=== DATA SECTION ===

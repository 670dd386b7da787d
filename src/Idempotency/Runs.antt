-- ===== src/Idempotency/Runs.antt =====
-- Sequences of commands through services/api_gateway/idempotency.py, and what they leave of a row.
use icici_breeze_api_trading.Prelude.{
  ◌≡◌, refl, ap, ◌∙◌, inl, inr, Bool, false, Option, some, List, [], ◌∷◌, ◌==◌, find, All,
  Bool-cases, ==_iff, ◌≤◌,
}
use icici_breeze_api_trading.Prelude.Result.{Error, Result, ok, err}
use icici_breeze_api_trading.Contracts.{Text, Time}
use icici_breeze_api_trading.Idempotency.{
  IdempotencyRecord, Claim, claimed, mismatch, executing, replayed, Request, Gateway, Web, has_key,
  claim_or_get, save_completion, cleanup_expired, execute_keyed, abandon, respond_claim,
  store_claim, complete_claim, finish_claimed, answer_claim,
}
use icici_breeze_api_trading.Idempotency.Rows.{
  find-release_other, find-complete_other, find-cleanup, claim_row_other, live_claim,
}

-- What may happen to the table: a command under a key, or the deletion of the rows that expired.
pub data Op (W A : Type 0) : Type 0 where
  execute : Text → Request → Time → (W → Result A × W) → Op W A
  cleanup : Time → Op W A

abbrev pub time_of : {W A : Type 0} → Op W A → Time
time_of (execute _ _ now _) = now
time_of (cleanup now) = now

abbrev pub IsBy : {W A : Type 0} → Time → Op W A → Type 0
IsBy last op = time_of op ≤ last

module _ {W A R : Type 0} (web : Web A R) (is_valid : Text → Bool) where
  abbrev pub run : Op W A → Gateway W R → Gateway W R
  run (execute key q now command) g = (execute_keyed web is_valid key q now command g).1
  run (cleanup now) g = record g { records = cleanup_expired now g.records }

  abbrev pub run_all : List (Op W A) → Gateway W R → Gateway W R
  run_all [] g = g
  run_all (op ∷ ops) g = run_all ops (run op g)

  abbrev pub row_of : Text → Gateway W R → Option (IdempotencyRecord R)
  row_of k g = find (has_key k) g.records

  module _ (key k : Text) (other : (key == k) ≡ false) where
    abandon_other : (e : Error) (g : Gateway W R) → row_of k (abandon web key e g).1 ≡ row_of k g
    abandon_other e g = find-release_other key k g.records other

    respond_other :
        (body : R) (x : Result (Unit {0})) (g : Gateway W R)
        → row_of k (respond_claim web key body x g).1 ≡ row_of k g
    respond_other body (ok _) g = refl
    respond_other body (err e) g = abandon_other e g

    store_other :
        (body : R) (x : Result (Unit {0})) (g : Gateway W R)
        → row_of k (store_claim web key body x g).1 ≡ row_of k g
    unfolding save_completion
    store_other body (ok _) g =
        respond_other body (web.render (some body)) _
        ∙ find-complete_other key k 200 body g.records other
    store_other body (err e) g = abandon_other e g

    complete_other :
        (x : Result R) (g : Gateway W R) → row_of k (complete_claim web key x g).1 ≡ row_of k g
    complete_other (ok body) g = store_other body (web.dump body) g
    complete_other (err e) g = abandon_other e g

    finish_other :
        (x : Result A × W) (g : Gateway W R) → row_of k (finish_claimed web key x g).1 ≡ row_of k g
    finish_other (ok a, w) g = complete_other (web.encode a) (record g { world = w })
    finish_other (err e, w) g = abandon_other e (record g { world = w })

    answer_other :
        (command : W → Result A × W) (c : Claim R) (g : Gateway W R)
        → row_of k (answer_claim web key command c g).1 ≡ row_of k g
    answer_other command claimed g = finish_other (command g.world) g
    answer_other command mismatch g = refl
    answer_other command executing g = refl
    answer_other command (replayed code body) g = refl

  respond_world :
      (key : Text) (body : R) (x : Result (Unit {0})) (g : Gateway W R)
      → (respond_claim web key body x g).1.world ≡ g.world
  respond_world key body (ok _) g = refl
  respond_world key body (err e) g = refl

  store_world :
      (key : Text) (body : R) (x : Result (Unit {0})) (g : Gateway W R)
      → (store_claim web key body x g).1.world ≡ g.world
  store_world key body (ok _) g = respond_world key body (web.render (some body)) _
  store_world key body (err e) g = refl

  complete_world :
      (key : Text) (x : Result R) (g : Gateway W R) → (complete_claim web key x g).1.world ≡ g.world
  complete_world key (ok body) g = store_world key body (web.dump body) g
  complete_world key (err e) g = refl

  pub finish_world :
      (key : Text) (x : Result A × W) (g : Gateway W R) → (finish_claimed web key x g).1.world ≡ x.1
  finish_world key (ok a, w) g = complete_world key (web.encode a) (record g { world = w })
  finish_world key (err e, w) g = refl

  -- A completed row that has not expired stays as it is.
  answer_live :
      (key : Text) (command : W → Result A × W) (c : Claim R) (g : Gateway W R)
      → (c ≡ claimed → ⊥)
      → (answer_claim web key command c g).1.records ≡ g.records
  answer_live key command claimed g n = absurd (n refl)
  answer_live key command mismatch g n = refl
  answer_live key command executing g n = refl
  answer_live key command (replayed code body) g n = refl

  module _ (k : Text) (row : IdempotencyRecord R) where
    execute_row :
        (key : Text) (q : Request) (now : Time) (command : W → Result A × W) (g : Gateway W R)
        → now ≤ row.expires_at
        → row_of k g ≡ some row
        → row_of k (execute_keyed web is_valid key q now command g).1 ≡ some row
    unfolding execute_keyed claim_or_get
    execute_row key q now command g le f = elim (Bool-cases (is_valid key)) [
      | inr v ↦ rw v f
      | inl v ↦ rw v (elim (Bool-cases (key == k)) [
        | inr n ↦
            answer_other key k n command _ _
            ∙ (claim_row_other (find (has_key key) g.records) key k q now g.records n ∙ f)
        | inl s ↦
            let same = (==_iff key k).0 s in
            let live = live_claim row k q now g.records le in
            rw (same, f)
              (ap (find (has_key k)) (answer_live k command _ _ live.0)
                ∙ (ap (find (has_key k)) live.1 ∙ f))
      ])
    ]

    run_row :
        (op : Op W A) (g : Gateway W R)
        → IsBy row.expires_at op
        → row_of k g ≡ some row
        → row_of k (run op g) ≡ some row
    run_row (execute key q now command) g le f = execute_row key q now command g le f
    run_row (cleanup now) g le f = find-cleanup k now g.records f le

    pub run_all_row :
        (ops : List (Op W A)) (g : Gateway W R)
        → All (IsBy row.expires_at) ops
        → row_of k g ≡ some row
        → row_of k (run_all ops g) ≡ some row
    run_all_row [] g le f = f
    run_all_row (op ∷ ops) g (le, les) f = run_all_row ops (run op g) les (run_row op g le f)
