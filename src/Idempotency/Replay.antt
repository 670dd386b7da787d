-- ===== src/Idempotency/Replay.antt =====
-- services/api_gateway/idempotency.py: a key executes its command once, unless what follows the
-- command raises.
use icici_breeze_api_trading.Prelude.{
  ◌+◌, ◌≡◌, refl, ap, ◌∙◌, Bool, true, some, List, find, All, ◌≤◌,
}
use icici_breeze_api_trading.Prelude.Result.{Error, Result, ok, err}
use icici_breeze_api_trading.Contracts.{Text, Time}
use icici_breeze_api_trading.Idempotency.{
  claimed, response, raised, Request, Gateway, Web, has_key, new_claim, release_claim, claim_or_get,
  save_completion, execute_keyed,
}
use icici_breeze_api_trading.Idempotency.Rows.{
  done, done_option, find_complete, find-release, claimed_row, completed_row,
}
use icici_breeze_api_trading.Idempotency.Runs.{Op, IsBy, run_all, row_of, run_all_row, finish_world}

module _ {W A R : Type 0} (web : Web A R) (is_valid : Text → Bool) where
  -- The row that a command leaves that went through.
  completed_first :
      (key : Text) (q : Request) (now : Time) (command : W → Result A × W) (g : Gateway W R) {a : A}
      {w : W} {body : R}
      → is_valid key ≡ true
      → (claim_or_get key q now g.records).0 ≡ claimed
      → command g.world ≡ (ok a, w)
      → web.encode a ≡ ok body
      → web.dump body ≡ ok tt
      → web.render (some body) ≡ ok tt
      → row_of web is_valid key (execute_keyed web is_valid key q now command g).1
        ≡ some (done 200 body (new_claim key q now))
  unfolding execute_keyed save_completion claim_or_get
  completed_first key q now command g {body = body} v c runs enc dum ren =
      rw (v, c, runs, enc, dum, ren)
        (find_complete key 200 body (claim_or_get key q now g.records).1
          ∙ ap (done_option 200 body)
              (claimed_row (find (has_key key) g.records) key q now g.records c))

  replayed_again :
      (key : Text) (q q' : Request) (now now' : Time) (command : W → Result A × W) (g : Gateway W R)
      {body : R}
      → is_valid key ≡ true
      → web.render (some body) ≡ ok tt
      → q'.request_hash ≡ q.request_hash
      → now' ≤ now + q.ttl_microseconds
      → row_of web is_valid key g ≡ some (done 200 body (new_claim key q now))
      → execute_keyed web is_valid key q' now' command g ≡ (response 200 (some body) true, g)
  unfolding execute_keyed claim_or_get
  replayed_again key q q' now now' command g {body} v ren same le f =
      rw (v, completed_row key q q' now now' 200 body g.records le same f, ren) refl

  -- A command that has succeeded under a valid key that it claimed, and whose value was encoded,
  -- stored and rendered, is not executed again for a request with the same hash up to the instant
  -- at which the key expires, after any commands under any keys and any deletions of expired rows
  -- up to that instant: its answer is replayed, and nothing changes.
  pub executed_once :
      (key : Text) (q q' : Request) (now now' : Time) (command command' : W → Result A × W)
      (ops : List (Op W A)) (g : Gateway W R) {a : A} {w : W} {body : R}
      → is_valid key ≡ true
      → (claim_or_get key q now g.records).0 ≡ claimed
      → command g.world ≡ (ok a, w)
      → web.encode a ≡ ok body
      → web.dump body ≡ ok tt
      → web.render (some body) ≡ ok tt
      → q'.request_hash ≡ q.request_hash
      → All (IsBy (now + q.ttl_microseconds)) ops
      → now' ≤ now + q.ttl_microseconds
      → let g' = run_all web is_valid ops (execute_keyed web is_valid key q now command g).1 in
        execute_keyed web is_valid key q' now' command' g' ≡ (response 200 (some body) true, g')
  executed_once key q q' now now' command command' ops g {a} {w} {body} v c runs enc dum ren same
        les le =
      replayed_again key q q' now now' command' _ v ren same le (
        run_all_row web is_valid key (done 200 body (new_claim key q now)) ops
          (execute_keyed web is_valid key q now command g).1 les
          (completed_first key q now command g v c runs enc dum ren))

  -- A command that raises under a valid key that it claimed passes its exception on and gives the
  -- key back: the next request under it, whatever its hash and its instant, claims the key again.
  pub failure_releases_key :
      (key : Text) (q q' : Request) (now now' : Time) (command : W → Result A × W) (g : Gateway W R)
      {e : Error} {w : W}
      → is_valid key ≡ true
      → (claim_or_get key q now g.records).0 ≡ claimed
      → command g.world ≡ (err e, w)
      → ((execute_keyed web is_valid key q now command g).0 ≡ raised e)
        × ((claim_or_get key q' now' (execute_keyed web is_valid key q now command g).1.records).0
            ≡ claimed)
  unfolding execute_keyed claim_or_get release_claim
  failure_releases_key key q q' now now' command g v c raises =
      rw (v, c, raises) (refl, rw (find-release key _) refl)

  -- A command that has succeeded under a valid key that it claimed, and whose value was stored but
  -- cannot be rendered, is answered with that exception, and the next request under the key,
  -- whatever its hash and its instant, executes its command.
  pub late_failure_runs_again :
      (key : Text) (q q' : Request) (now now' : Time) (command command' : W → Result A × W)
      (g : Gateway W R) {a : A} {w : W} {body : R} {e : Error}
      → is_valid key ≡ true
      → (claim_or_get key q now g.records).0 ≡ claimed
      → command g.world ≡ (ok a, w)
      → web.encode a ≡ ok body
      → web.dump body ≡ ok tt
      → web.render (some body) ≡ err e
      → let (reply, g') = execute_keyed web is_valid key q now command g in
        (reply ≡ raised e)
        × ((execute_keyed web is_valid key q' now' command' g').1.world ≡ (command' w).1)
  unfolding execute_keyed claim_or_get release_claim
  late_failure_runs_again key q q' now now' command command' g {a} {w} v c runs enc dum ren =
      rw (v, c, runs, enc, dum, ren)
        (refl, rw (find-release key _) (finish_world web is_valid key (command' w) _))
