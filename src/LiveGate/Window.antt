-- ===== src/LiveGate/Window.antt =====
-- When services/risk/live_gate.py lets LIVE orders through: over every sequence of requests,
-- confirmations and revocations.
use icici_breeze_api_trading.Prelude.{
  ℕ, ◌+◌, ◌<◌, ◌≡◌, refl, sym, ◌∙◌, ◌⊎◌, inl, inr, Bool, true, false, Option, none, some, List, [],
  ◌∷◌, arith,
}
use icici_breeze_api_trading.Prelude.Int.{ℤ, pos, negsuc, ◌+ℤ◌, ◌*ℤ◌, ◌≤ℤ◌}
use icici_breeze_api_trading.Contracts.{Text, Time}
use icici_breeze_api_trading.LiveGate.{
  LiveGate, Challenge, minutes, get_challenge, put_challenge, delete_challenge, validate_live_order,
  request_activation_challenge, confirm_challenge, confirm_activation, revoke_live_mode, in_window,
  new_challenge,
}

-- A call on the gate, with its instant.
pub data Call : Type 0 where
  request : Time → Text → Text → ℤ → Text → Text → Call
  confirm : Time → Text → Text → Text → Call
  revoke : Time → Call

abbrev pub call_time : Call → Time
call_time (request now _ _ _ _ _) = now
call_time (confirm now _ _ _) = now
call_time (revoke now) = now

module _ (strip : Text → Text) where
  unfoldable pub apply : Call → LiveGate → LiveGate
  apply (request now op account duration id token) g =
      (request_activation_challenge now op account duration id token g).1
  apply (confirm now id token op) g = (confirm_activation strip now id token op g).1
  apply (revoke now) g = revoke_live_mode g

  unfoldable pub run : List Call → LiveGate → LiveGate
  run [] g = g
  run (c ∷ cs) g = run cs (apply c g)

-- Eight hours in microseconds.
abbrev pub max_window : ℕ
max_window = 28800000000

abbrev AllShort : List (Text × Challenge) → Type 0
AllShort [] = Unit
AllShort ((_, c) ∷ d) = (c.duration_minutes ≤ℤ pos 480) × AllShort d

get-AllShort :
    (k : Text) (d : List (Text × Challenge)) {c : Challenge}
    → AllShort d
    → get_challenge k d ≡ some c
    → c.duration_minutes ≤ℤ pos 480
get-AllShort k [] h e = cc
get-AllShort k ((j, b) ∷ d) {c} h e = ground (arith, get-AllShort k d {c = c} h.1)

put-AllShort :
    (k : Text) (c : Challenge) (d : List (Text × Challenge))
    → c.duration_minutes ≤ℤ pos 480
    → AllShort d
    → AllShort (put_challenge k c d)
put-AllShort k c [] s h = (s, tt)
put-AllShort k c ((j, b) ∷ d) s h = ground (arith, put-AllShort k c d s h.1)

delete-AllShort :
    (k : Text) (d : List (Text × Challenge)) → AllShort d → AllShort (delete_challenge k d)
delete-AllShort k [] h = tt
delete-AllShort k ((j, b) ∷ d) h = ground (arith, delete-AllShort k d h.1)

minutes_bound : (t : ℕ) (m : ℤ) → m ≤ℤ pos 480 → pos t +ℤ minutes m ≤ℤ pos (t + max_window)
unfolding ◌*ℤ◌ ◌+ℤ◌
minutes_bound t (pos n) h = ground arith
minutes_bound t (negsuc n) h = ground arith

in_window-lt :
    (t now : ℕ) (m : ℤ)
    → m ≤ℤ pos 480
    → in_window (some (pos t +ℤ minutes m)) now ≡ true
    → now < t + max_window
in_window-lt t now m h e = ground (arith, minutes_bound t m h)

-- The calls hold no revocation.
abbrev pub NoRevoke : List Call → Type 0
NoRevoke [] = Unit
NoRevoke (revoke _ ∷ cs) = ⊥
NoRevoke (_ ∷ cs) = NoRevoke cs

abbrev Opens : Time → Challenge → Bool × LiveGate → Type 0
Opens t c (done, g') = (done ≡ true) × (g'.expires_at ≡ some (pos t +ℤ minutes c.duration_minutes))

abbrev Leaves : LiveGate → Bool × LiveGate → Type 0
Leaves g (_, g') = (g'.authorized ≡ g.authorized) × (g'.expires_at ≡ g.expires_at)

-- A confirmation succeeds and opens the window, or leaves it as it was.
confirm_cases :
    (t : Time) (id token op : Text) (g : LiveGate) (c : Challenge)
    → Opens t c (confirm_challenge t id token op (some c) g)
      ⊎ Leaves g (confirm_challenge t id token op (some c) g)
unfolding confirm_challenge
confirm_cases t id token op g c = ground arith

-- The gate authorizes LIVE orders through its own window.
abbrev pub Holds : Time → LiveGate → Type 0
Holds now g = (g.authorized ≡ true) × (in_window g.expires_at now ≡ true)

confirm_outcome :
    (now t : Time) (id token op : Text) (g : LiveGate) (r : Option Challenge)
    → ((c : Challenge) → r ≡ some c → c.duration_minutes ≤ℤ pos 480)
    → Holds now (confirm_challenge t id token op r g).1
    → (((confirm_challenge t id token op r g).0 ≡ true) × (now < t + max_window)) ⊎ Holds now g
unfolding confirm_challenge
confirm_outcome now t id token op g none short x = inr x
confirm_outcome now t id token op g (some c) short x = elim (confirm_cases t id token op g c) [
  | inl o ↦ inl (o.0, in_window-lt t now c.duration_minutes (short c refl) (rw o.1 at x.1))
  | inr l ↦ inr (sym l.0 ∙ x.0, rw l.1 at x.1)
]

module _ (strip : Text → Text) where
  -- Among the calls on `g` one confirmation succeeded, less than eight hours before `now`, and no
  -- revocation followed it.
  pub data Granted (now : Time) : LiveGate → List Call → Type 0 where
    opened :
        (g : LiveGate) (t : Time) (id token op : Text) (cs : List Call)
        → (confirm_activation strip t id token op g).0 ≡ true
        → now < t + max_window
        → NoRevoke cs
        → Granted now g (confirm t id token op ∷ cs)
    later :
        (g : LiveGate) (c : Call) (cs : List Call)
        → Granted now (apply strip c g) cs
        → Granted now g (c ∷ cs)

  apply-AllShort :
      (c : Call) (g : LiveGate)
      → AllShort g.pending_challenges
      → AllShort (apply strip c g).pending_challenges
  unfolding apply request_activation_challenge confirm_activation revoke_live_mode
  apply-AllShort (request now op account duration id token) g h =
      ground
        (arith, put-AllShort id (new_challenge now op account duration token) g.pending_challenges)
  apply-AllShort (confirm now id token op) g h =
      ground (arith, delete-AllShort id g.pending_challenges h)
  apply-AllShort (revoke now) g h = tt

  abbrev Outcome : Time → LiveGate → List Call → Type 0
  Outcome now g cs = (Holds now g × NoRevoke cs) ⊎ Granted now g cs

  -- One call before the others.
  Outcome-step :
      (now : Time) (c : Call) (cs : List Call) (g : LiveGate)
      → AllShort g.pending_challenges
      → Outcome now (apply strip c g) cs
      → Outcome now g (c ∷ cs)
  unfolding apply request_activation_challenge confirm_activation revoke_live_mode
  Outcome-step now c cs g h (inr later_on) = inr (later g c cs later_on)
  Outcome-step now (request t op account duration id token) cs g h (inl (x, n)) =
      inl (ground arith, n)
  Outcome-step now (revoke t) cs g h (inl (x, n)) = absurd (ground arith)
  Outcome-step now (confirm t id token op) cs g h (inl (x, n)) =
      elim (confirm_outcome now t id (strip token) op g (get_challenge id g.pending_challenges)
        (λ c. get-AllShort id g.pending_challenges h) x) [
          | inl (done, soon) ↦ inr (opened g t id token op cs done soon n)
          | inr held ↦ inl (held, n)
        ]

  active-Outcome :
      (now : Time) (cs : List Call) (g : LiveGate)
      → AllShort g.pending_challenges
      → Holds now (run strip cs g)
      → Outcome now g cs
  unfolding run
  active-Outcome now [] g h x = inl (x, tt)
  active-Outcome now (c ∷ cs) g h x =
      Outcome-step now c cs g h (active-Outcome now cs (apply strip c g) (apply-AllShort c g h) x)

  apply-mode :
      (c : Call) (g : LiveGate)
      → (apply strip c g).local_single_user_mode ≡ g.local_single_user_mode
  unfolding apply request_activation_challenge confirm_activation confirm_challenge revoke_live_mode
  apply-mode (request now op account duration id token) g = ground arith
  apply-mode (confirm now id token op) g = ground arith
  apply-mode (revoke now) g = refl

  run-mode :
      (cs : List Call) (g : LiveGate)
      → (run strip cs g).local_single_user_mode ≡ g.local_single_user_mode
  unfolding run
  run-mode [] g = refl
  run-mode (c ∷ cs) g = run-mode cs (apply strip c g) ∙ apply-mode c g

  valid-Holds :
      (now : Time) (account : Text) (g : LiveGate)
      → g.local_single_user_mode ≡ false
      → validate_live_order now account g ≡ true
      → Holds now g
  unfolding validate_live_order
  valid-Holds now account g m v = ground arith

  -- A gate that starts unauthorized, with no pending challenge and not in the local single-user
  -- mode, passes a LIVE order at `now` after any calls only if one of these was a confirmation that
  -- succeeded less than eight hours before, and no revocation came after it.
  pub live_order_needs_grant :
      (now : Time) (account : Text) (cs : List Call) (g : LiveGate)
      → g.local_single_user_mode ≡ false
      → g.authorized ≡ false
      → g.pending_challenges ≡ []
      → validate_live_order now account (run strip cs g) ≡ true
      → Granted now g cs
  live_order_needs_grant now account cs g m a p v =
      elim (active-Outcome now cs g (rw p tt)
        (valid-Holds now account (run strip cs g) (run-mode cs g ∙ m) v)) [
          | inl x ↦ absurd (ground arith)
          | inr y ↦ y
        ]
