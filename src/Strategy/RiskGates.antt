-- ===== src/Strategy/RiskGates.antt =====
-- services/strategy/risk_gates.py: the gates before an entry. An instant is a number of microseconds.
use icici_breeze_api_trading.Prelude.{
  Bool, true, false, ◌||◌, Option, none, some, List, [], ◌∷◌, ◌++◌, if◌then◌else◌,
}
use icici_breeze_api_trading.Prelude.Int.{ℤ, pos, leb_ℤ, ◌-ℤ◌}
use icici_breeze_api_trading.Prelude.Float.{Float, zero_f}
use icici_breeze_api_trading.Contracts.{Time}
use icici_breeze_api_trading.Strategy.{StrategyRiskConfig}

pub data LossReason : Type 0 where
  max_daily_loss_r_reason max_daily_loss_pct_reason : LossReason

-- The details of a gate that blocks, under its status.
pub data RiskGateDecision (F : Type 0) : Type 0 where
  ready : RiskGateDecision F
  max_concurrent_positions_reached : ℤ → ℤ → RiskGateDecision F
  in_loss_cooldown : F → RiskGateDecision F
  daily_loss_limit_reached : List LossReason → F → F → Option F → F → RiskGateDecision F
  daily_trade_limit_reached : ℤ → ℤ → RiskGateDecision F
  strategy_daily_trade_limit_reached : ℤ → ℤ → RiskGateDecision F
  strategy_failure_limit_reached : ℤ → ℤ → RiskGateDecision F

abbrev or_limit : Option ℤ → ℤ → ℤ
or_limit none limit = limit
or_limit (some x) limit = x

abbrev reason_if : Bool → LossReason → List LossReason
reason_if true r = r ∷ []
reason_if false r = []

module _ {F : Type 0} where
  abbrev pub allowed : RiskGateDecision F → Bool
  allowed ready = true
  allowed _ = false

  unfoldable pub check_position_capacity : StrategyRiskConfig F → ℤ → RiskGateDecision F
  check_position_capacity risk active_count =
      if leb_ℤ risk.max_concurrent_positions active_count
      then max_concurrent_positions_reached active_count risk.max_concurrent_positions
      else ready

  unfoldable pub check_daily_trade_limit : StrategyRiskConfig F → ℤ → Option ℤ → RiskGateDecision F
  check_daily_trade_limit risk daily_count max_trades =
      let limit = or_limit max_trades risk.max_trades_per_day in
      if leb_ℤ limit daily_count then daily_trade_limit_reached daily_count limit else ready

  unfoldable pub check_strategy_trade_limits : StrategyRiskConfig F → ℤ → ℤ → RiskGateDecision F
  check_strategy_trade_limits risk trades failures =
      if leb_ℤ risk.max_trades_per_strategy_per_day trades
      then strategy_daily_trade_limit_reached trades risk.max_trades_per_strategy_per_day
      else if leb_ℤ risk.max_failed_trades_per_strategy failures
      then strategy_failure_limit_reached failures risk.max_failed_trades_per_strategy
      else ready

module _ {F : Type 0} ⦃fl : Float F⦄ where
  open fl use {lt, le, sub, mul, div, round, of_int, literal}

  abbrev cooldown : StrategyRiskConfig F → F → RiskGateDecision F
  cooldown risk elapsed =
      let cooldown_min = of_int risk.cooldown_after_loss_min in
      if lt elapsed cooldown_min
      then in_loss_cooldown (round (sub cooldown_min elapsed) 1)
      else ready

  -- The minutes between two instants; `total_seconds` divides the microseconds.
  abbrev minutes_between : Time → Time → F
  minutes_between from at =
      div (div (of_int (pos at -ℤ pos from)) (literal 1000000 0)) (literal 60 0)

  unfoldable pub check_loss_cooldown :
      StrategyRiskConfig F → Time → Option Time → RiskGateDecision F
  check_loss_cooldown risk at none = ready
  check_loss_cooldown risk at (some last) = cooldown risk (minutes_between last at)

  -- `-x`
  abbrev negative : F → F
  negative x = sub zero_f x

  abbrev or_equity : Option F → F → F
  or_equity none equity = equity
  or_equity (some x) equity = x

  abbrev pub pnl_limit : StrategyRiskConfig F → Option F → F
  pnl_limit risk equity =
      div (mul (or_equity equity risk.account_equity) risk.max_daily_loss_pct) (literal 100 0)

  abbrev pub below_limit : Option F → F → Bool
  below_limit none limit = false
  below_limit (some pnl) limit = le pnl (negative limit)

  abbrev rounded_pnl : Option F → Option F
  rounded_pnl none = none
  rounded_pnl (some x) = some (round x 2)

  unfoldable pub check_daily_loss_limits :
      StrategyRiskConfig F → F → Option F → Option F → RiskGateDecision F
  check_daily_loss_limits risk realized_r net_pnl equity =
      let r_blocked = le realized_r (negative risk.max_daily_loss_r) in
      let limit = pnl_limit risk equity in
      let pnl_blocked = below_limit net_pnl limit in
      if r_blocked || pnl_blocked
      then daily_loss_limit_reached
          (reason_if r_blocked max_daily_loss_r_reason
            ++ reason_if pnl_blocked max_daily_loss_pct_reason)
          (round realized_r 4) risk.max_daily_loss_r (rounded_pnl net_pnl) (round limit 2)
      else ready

===

▸ **PROBLEM**
Reproduce exactly the stretch of the material above that starts at the line with "body g.records other" and ends at the line with "row_of k (finish_claimed", both included, and nothing else.

▸ **TASK OUTPUT**
        ∙ find-complete_other key k 200 body g.records other
    store_other body (err e) g = abandon_other e g

    complete_other :
        (x : Result R) (g : Gateway W R) → row_of k (complete_claim web key x g).1 ≡ row_of k g
    complete_other (ok body) g = store_other body (web.dump body) g
    complete_other (err e) g = abandon_other e g

    finish_other :
        (x : Result A × W) (g : Gateway W R) → row_of k (finish_claimed web key x g).1 ≡ row_of k g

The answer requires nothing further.